Mayday Mayday

I haven’t had much to write about the past couple of days.  Monday and Tuesday I took a break and rested.  I looked and felt so beat.  Yesterday I went for a light 2 mile run without my watch because I was still sore and didn’t even want to know what pace I was running.

Now it’s already May! And with the Coronado Bridge Run in 2 weeks from Sunday and the SD Rock ‘n Roll in about 4, I decided to set some new goals:


Nutrition: Read Paleo for Athletes (just started this), eat paleo and try out some new recipes.  My recovery time from this past half marathon has been really poor, either because 1. the course was hard, 2. I fell off my paleo grind, or 3. the course was really hard.  Either way, Paleo for Athletes is shedding light on how paleo works to maximize athletic performance and increase recovery rates.
Workouts: Incorporate more early morning workouts into my schedule.  I’d like to get into the habit of going to sleep early, waking up early, doing yoga or body pump before work then running after work.
Running: Have more structured running workouts.  I feel like lately when I run I have a semi-determined length, but no determined pace.  I mainly just run according to how I’m feeling.  I would like to feel like I’m running more effectively.

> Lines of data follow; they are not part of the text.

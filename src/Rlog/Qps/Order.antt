-- ===== src/Rlog/Qps/Order.antt =====
-- What `RLogServiceImpl::aggregate_qps` of rlog/log_service_impl.cc keeps and reports.
use Prim.Native.String.{String}
use text.Mathlib.Text.{◌==◌ as str_eq}
use text.Mathlib.TextEquality.{eq_iff}
use simple_rpc.Prelude.{
  ap, ℕ, ◌+◌, ◌*◌, ◌≤◌, ◌<◌, ◌≡◌, ◌≢◌, refl, ◌∙◌, arith, Bool, true, false, Bool-cases, inl, inr,
  ◌&&◌, List, [], ◌∷◌, ◌++◌, All, if◌then◌else◌, ltb, leb, lt→ltb, if_case,
}
use simple_rpc.Prelude.Fault.{Gives, gives, Gives-bind}
use simple_rpc.Prelude.Int.{ℤ, pos, negsuc, leb_ℤ}
use simple_rpc.Rlog.Service.{assign}
use simple_rpc.Rlog.Qps.{
  ◌+ℤ◌, ◌-ℤ◌, second, AggQpsRecord, Qps, counted, look_back, report, report_intervals, reported,
  aggregate_qps,
}
use simple_rpc.Rlog.Qps.Recent.{
  All-append, All-recent, InOrder, InOrder-append, InOrder-recent, drop_old-recent, ltb→lt, recent,
}

-- What has been counted since the first record that is less than `interval` seconds old, or -1 if none is.
abbrev pub since_first : ℕ → ℕ → ℤ → List AggQpsRecord → ℤ
since_first now interval newest [] = negsuc 0
since_first now interval newest (r ∷ records) =
    if ltb now (r.tm + interval * second)
    then newest -ℤ r.agg_count
    else since_first now interval newest records

and-false : (b : Bool) → b && false ≡ false
and-false true = refl
and-false false = refl

look_back-all :
    (now interval : ℕ) (newest : ℤ) (records : List AggQpsRecord)
    → All (λ r. now < r.tm + interval * second) records
    → (look_back now interval newest records).1 ≡ true
unfolding look_back
look_back-all now interval newest [] h = refl
look_back-all now interval newest (r ∷ records) (h, hs) =
    rw (look_back-all now interval newest records hs, lt→ltb now (r.tm + interval * second) h) refl

All-after :
    (now interval : ℕ) (r : AggQpsRecord) (records : List AggQpsRecord)
    → now < r.tm + interval * second
    → All (λ s. r.tm ≤ s.tm) records
    → All (λ s. now < s.tm + interval * second) records
All-after now interval r [] h o = tt
All-after now interval r (s ∷ records) h (le, o) =
    (omega arith, All-after now interval r records h o)

-- Over records in the order of their times the loop from the back finds what the first record in the interval tells.
pub look_back-since_first :
    (now interval : ℕ) (newest : ℤ) (records : List AggQpsRecord)
    → InOrder records
    → (look_back now interval newest records).0 ≡ since_first now interval newest records
unfolding look_back
look_back-since_first now interval newest [] h = refl
look_back-since_first now interval newest (r ∷ records) (first, h) =
    elim (Bool-cases (ltb now (r.tm + interval * second))) [
      | inl new ↦
          rw
            (
              look_back-all now interval newest records (
                  All-after now interval r records (ltb→lt now (r.tm + interval * second) new)
                    first),
              new,
            )
            refl
      | inr old ↦
          rw (old, and-false (look_back now interval newest records).1)
            (look_back-since_first now interval newest records h)
    ]

-- What a report tells, with `since_first` in place of the loop.
abbrev pub told : ℕ → ℤ → List AggQpsRecord → List ℕ → List (ℕ × ℤ)
told now newest records [] = []
told now newest records (interval ∷ intervals) =
    let increment = since_first now interval newest records in
    let rest = told now newest records intervals in
    if leb_ℤ (pos 1) increment then (interval, increment) ∷ rest else rest

report-told :
    (now : ℕ) (newest : ℤ) (records : List AggQpsRecord) (intervals : List ℕ)
    → InOrder records
    → report now newest records intervals ≡ told now newest records intervals
unfolding report
report-told now newest records [] h = refl
report-told now newest records (interval ∷ intervals) h =
    rw
      (
        look_back-since_first now interval newest records h,
        report-told now newest records intervals h,
      )
      refl

-- What a call leaves and prints.
pub record Aggregated (now : ℕ) (metric : String) (incr : ℤ) (s : Qps) (r : Qps × List (ℕ × ℤ))
    : Type 0 where
  pub newest : AggQpsRecord
  pub time : newest.tm ≡ now
  pub first_count : s.agg_qps_ metric ≡ [] → newest.agg_count ≡ incr
  pub count :
      (earlier : List AggQpsRecord) (last : AggQpsRecord)
      → s.agg_qps_ metric ≡ earlier ++ (last ∷ [])
      → newest.agg_count ≡ last.agg_count +ℤ incr
  pub kept : r.0.agg_qps_ metric ≡ recent now (s.agg_qps_ metric ++ (newest ∷ []))
  pub in_order : InOrder (r.0.agg_qps_ metric)
  pub past : All (λ q. q.tm ≤ now) (r.0.agg_qps_ metric)
  pub others : (m : String) → m ≢ metric → r.0.agg_qps_ m ≡ s.agg_qps_ m
  pub reported_at :
      r.0.last_qps_tm_ metric
      ≡ (if leb (s.last_qps_tm_ metric + s.qps_interval_) now then now else s.last_qps_tm_ metric)
  pub other_times : (m : String) → m ≢ metric → r.0.last_qps_tm_ m ≡ s.last_qps_tm_ m
  pub same_interval : r.0.qps_interval_ ≡ s.qps_interval_
  pub printed : r.1 ≡ (
      if leb (s.last_qps_tm_ metric + s.qps_interval_) now
      then told now newest.agg_count (r.0.agg_qps_ metric) report_intervals
      else [])

assign_self : {V : Type 0} (k : String) (v : V) (m : String → V) → assign k v m k ≡ v
assign_self k v m = rw ((eq_iff k k).1 refl) refl

assign_other : {V : Type 0} (k j : String) (v : V) (m : String → V) → j ≢ k → assign k v m j ≡ m j
assign_other k j v m apart = elim (Bool-cases (str_eq j k)) [
  | inl same ↦ absurd (apart ((eq_iff j k).0 same))
  | inr other ↦ rw other refl
]

counted-first :
    (incr : ℤ) (records : List AggQpsRecord) → records ≡ [] → counted incr records ≡ incr
unfolding counted
counted-first incr [] e = refl
counted-first incr (r ∷ records) e = cc

counted-last :
    (incr : ℤ) (earlier : List AggQpsRecord) (last : AggQpsRecord)
    → counted incr (earlier ++ (last ∷ [])) ≡ last.agg_count +ℤ incr
unfolding counted
counted-last incr [] last = refl
counted-last incr (r ∷ []) last = refl
counted-last incr (r ∷ q ∷ earlier) last = counted-last incr (q ∷ earlier) last

reported-Aggregated :
    (now : ℕ) (metric : String) (incr : ℤ) (s : Qps) (records : List AggQpsRecord)
    → (let new_rec : AggQpsRecord = record {
      agg_count = counted incr (s.agg_qps_ metric);
      tm = now;
    } in
        records ≡ recent now (s.agg_qps_ metric ++ (new_rec ∷ [])))
    → InOrder records
    → All (λ q. q.tm ≤ now) records
    → Aggregated now metric incr s
        (reported now metric (counted incr (s.agg_qps_ metric)) records s)
reported-Aggregated now metric incr s records e ordered up_to =
    if_case (Aggregated now metric incr s) (leb (s.last_qps_tm_ metric + s.qps_interval_) now)
      (λ due. record {
        newest = record { agg_count = counted incr (s.agg_qps_ metric); tm = now };
        time = refl;
        first_count = counted-first incr (s.agg_qps_ metric);
        count = λ earlier last split. ap (counted incr) split ∙ counted-last incr earlier last;
        kept = assign_self metric records s.agg_qps_ ∙ e;
        in_order = rw (assign_self metric records s.agg_qps_) ordered;
        past = rw (assign_self metric records s.agg_qps_) up_to;
        others = λ m apart. assign_other metric m records s.agg_qps_ apart;
        reported_at = rw due (assign_self metric now s.last_qps_tm_);
        other_times = λ m apart. assign_other metric m now s.last_qps_tm_ apart;
        same_interval = refl;
        printed =
            rw (due, assign_self metric records s.agg_qps_)
              (report-told now _ records report_intervals ordered);
      })
      (λ early. record {
        newest = record { agg_count = counted incr (s.agg_qps_ metric); tm = now };
        time = refl;
        first_count = counted-first incr (s.agg_qps_ metric);
        count = λ earlier last split. ap (counted incr) split ∙ counted-last incr earlier last;
        kept = assign_self metric records s.agg_qps_ ∙ e;
        in_order = rw (assign_self metric records s.agg_qps_) ordered;
        past = rw (assign_self metric records s.agg_qps_) up_to;
        others = λ m apart. assign_other metric m records s.agg_qps_ apart;
        reported_at = rw early refl;
        other_times = λ m apart. refl;
        same_interval = refl;
        printed = rw early refl;
      })

-- `aggregate_qps` of a metric whose records are in the order of their times, none of them later than now: no access
-- to an empty list, and the records of the metric are in order again and are those of the last five minutes with the
-- new one, other metrics are as they were, and a report that is due tells for each interval what has been counted
-- since the first record in it, and is the last one from now on. The new record counts what the last one has counted
-- and the increment, or the increment alone where there is none.
pub aggregate_qps-Aggregated :
    (now : ℕ) (metric : String) (incr : ℤ) (s : Qps)
    → InOrder (s.agg_qps_ metric)
    → All (λ r. r.tm ≤ now) (s.agg_qps_ metric)
    → Gives (Aggregated now metric incr s) (aggregate_qps now metric incr s)
unfolding aggregate_qps
aggregate_qps-Aggregated now metric incr s h le =
    let new_rec : AggQpsRecord = record {
      agg_count = counted incr (s.agg_qps_ metric);
      tm = now;
    } in
    let ordered = InOrder-append (s.agg_qps_ metric) new_rec h le in
    Gives-bind (drop_old-recent now (s.agg_qps_ metric) new_rec ordered refl) λ records e. gives (
      reported-Aggregated now metric incr s records e
        (rw e (InOrder-recent now (s.agg_qps_ metric ++ (new_rec ∷ [])) ordered))
        (rw e (
          All-recent (λ q. q.tm ≤ now) now (s.agg_qps_ metric ++ (new_rec ∷ []))
            (All-append (λ q. q.tm ≤ now) (s.agg_qps_ metric) new_rec le (omega arith)))))
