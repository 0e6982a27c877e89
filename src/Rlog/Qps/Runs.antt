-- ===== src/Rlog/Qps/Runs.antt =====
-- Calls of `aggregate_qps` for one metric.
use simple_rpc.Prelude.{◌*◌, ◌≡◌, refl, arith, [], ◌∷◌}
use simple_rpc.Prelude.Fault.{◌>>=◌, Gives, gives}
use simple_rpc.Prelude.Int.{pos}
use simple_rpc.Rlog.Qps.{second, Qps, counted, drop_old, look_back, report, aggregate_qps}
use simple_rpc.Rlog.Qps.Order.{Aggregated, aggregate_qps-Aggregated}

-- One record that is too old and one that is not.
abbrev before : Qps
before = record {
  agg_qps_ = λ metric.
      record { agg_count = pos 3; tm = 100 * second }
      ∷ record { agg_count = pos 7; tm = 398 * second }
      ∷ [];
  last_qps_tm_ = λ metric. 0;
  qps_interval_ = second;
}

aggregate_qps-Aggregated_example :
    Gives
      (Aggregated (402 * second) "calls" (pos 5) before)
      (aggregate_qps (402 * second) "calls" (pos 5) before)
aggregate_qps-Aggregated_example =
    aggregate_qps-Aggregated (402 * second) "calls" (pos 5) before ((omega arith, tt), (tt, tt))
      (omega arith, (omega arith, tt))

-- The last second has the new record alone, and what it counts is not told.
five_told :
    Gives
      (λ r. r.1 ≡ (5, pos 5) ∷ (15, pos 5) ∷ (30, pos 5) ∷ (60, pos 5) ∷ [])
      (aggregate_qps (402 * second) "calls" (pos 5) before)
unfolding aggregate_qps counted drop_old report look_back
five_told = gives refl

-- A metric that is counted once in 70 seconds is never told.
never_told :
    Gives
      (λ r. r.1 ≡ [])
      (aggregate_qps (402 * second) "calls" (pos 5) before >>= λ r.
        aggregate_qps (472 * second) "calls" (pos 1000) r.0)
unfolding aggregate_qps counted drop_old report look_back
never_told = gives refl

So I pulled out the book Run Less, Run Faster by Bill Pierce, Scott Murr, and Ray Moss.  This book has good running plans if you’re looking to run only 3 times a week.  Workout 1 is a track/speed workout, workout 2 is a tempo run, and workout 3 is a long run.  I attempted to use this program last year, for all of about 3-4 weeks. I kind of burned myself out because I attempted to do the speed workouts faster than prescribed.  This is exactly what you’re not supposed to do.  The plans start 12-18 weeks out (depending on the length your race).  I figured I can start next week at 15 weeks out and prepare for the America’s Finest City half marathon (I should probably sign up for this first).  I think this program could be beneficial, I just need to give it a full chance.  I feel like this time I’ll have a more practical approach, do exactly what it says and just test it out.  There’s no harm in that when my half marathons have consistently been between 1:44 and 1:47.  I’d just like to see a positive (or in terms of time, negative) difference.


My First Race

Yesterday’s race brings back memories from my first ever half marathon, which just so happened to be the La Jolla half.  I probably did everything wrong, but ended up with my best La Jolla time.  How? It’s become even more of a mystery to me.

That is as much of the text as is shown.